Sprigs are still looking good! I think laying it thick and watering hourly is going to work well. I started topdressing it with sand after work today but didn't get very far before dinner was ready.


----------



## adgattoni (Oct 3, 2017)

Verticutting and 3/8" scalp project is complete. I would've went lower but I was too lazy to swap the high HOC brackets to the regular ones on my Flex 21. I have not done any leveling, so the answer to the question "can I get into reel mowing without a level lawn?" is YES. Test plots were topped off as well.

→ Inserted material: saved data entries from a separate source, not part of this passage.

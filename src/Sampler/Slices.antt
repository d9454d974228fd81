-- ===== src/Sampler/Slices.antt =====
-- Priorities along a slice, and what a swap makes of them.
use mathlib.Core.List.{Perm}
use mathlib.Core.List.Perm
use work.Prelude.{
  ℕ, suc, zero, ◌+◌, ◌<◌, ◌≤◌, ◌≡◌, refl, List, [], ◌∷◌, ◌++◌, some, length, get_elem?, set, arith,
  Option-cases, inl, inr,
}
use work.Sampler.{SampleItem, priority_at, swap}

-- The priorities from an index on.
abbrev pub sum_from : ℕ → List SampleItem → ℕ
sum_from zero [] = 0
sum_from zero (x ∷ xs) = x.priority + sum_from zero xs
sum_from (suc i) [] = 0
sum_from (suc i) (x ∷ xs) = sum_from i xs

pub sum_from-nil : (i : ℕ) → sum_from i [] ≡ 0
sum_from-nil zero = refl
sum_from-nil (suc i) = refl

pub sum_from-suc :
    (i : ℕ) (xs : List SampleItem) → sum_from i xs ≡ priority_at xs i + sum_from (suc i) xs
sum_from-suc i [] = omega (arith, sum_from-nil i)
sum_from-suc zero (x ∷ xs) = refl
sum_from-suc (suc i) (x ∷ xs) = sum_from-suc i xs

pub sum_from-length : (xs : List SampleItem) → sum_from (length xs) xs ≡ 0
sum_from-length [] = refl
sum_from-length (x ∷ xs) = sum_from-length xs

pub sum_from-append :
    (xs ys : List SampleItem) → sum_from 0 (xs ++ ys) ≡ sum_from 0 xs + sum_from 0 ys
sum_from-append [] ys = omega arith
sum_from-append (x ∷ xs) ys = omega (arith, sum_from-append xs ys)

pub sum_from-le : (i : ℕ) (xs : List SampleItem) → sum_from i xs ≤ sum_from 0 xs
sum_from-le zero xs = omega arith
sum_from-le (suc i) [] = omega arith
sum_from-le (suc i) (x ∷ xs) = omega (arith, sum_from-le i xs)

pub get_elem?-priority :
    (i : ℕ) (xs : List SampleItem)
    → i < length xs
    → (x : SampleItem) × (get_elem? xs i ≡ some x) × (x.priority ≡ priority_at xs i)
get_elem?-priority i [] h = absurd (omega arith)
get_elem?-priority zero (x ∷ xs) h = (x, refl, refl)
get_elem?-priority (suc i) (x ∷ xs) h = get_elem?-priority i xs (omega arith)

-- A write exchanges the element written for the one that stood there.
set-perm :
    (xs : List SampleItem) (i : ℕ) (a b : SampleItem)
    → get_elem? xs i ≡ some a
    → Perm (a ∷ set xs i b) (b ∷ xs)
set-perm [] i a b h = cc
set-perm (x ∷ xs) zero a b h = let e : x ≡ a = ground arith in rw e (Perm.swap b a xs)
set-perm (x ∷ xs) (suc i) a b h =
    Perm.trans (Perm.swap x a (set xs i b))
      (Perm.trans (Perm.cons x (set-perm xs i a b h)) (Perm.swap b x xs))

-- One end of the swap at the head.
swap_head-perm :
    (x : SampleItem) (xs : List SampleItem) (j : ℕ) → Perm (swap 0 (suc j) (x ∷ xs)) (x ∷ xs)
unfolding swap
swap_head-perm x xs j = elim (Option-cases (get_elem? xs j)) [
  | inl e ↦ rw (e, swap) (Perm.refl _)
  | inr (b, e) ↦ rw (e, swap) (set-perm xs j b x e)
]

swap_to_head-perm :
    (x : SampleItem) (xs : List SampleItem) (i : ℕ) → Perm (swap (suc i) 0 (x ∷ xs)) (x ∷ xs)
unfolding swap
swap_to_head-perm x xs i = elim (Option-cases (get_elem? xs i)) [
  | inl e ↦ rw (e, swap) (Perm.refl _)
  | inr (b, e) ↦ rw (e, swap) (set-perm xs i b x e)
]

pub swap-cons :
    (x : SampleItem) (xs : List SampleItem) (i j : ℕ)
    → swap (suc i) (suc j) (x ∷ xs) ≡ x ∷ swap i j xs
unfolding swap
swap-cons x xs i j = ground arith

pub swap-perm : (xs : List SampleItem) (i j : ℕ) → Perm (swap i j xs) xs
unfolding swap
swap-perm [] zero zero = Perm.refl _
swap-perm [] _ _ = Perm.refl _
swap-perm (x ∷ xs) zero zero = Perm.refl _
swap-perm (x ∷ xs) zero (suc j) = swap_head-perm x xs j
swap-perm (x ∷ xs) (suc i) zero = swap_to_head-perm x xs i
swap-perm (x ∷ xs) (suc i) (suc j) = rw (swap-cons x xs i j) (Perm.cons x (swap-perm xs i j))
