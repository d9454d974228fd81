-- ===== src/Sampler/Scan.antt =====
-- The inner loop of the sampler, over the number drawn.
use native.Mathlib.Nat.{add-suc, add-zero}
use work.Prelude.{
  ℕ, suc, zero, ◌+◌, ◌-◌, ◌<◌, ◌≤◌, ◌≡◌, List, some, length, get_elem?, arith, dec_lt, ltb, false,
  sym,
}
use work.Sampler.{SampleItem, priority_at, u64, add_u64, scan}
use work.Sampler.Slices.{sum_from, sum_from-suc, sum_from-le, sum_from-length, get_elem?-priority}

-- The numbers that fit the sample at i: as many as its priority.
pub record Fits (xs : List SampleItem) (rn i : ℕ) : Type 0 where
  pub above : sum_from (suc i) xs ≤ rn
  pub under : rn < sum_from i xs

module _ (n last rn prev : ℕ) (xs : List SampleItem) (x : SampleItem)
    (at : get_elem? xs (last + n) ≡ some x) (small : x.priority + prev < u64) where
  scan_hit : rn < x.priority + prev → scan (suc n) last rn prev xs ≡ some (last + n)
  unfolding scan
  scan_hit h = rw (at, scan) (ground arith)

  scan_miss :
      x.priority + prev ≤ rn → scan (suc n) last rn prev xs ≡ scan n last rn (x.priority + prev) xs
  unfolding scan
  scan_miss h =
      let over : add_u64 x.priority prev ≡ x.priority + prev = omega arith in
      let next : add_u64 prev x.priority ≡ x.priority + prev = omega arith in
      let test : ltb rn (x.priority + prev) ≡ false = ground arith in
      rw (at, scan) (rw (over) (rw test (rw next)))

abbrev pub Found : ℕ → ℕ → ℕ → ℕ → List SampleItem → Type 0
Found n last rn prev xs =
    (i : ℕ) × (scan n last rn prev xs ≡ some i) × (last ≤ i) × (i < last + n) × Fits xs rn i

pub scan_from :
    (n last rn prev : ℕ) (xs : List SampleItem)
    → last + n ≤ length xs
    → sum_from 0 xs < u64
    → prev ≡ sum_from (last + n) xs
    → prev ≤ rn
    → rn < sum_from last xs
    → Found n last rn prev xs
scan_from zero last rn prev xs room small e lo hi =
    let g : prev ≡ sum_from last xs = rw add-zero at e in absurd (omega arith)
scan_from (suc n) last rn prev xs room small e lo hi =
    step (get_elem?-priority (last + n) xs (omega arith)) (rw add-suc at e) (scan_from n last rn)
  where
    step :
        ((x : SampleItem) × (get_elem? xs (last + n) ≡ some x)
          × (x.priority ≡ priority_at xs (last + n)))
        → prev ≡ sum_from (suc (last + n)) xs
        → ((p : ℕ) (ys : List SampleItem)
            → last + n ≤ length ys
            → sum_from 0 ys < u64
            → p ≡ sum_from (last + n) ys
            → p ≤ rn
            → rn < sum_from last ys
            → Found n last rn p ys)
        → Found (suc n) last rn prev xs
    step (x, at, p) f rec =
        let total : x.priority + prev ≡ sum_from (last + n) xs =
          omega (arith, sum_from-suc (last + n) xs) in
        let fine : x.priority + prev < u64 = omega (arith, sum_from-le (last + n) xs) in
        elim (dec_lt rn (x.priority + prev)) [
          | yes h ↦ (
            last + n,
            scan_hit n last rn prev xs x at fine h,
            omega arith,
            omega arith,
            record { above = omega arith; under = omega arith },
          )
          | no h ↦
              let (i, found, lo', hi', fits) =
                rec (x.priority + prev) xs (omega arith) small total (omega arith) hi in
              (
                i,
                rw (scan_miss n last rn prev xs x at fine (omega arith)) found,
                lo',
                omega arith,
                fits,
              )
        ]

-- In the round for the slot `last`, a number below the sum of the samples not yet placed selects one
-- of them, and a sample is selected by an interval of numbers as long as its priority: those from
-- the sum of the priorities behind it on.
pub scan_weighted :
    (xs : List SampleItem) (last rn : ℕ)
    → last ≤ length xs
    → sum_from 0 xs < u64
    → rn < sum_from last xs
    → (i : ℕ) × (scan (length xs - last) last rn 0 xs ≡ some i)
      × (last ≤ i)
      × (i < length xs)
      × (sum_from (suc i) xs ≤ rn)
      × (rn < sum_from (suc i) xs + priority_at xs i)
scan_weighted xs last rn room small h =
    let reach : last + (length xs - last) ≡ length xs = omega arith in
    let (i, found, lo, hi, fits) =
      scan_from (length xs - last) last rn 0 xs (omega arith) small
        (rw reach (sym (sum_from-length xs))) (omega arith) h in
    (i, found, lo, omega arith, fits.above, omega (arith, sum_from-suc i xs))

There is also another test going on in these pictures: can you stolonize scalp clippings? I obviously had a lot and thought this might be worth a try. If not I'll just call it a "carbon application."

Post verticutting/sprigging:



Post-scalp:


----------



## adgattoni (Oct 3, 2017)

2019 soil test is back. Man, I know I gave the builder a hard time during construction, but it's like they pulled some strings to find the worst of the worst soil for my property.

Based on these results:
- Balanced fert the rest of the season.
- 40lb lime per 1ksqft.
- Gypsum as a Ca kicker (maybe it'll flocculate the soil a bit - let's see!).

Advice from the expert was provided here.


----------



## adgattoni (Oct 3, 2017)

I'm really sick of the hose-end timer game, so I decided to build this contraption. I have an Orbit B-Hyve controller on the way to complete the job.


----------



## adgattoni (Oct 3, 2017)

Yesterday my yard looked like a swamp, but the rain is helping the lawn recover nicely from the scalp:


----------



## adgattoni (Oct 3, 2017)

Recovering nicely from the scalp. Still some weak spots here and there. There is also a patch that has continued to give me trouble (visible just in front of the test plots in the picture below). I'll be doing some screwdriver testing in this area to see if there might be debris under there.

Sprigging update: there are many small patches of bermuda growing in every area I sprigged. The initial verticutting/dethatching brought up the best looking sprigs, which obviously have taken off the best. However, I have no doubt heavy rates of fertilizer (which I am already applying to remediate the phosphorous deficiency) will get those areas to take off similarly. We'll see how much I can get filled in by the end of the growing season.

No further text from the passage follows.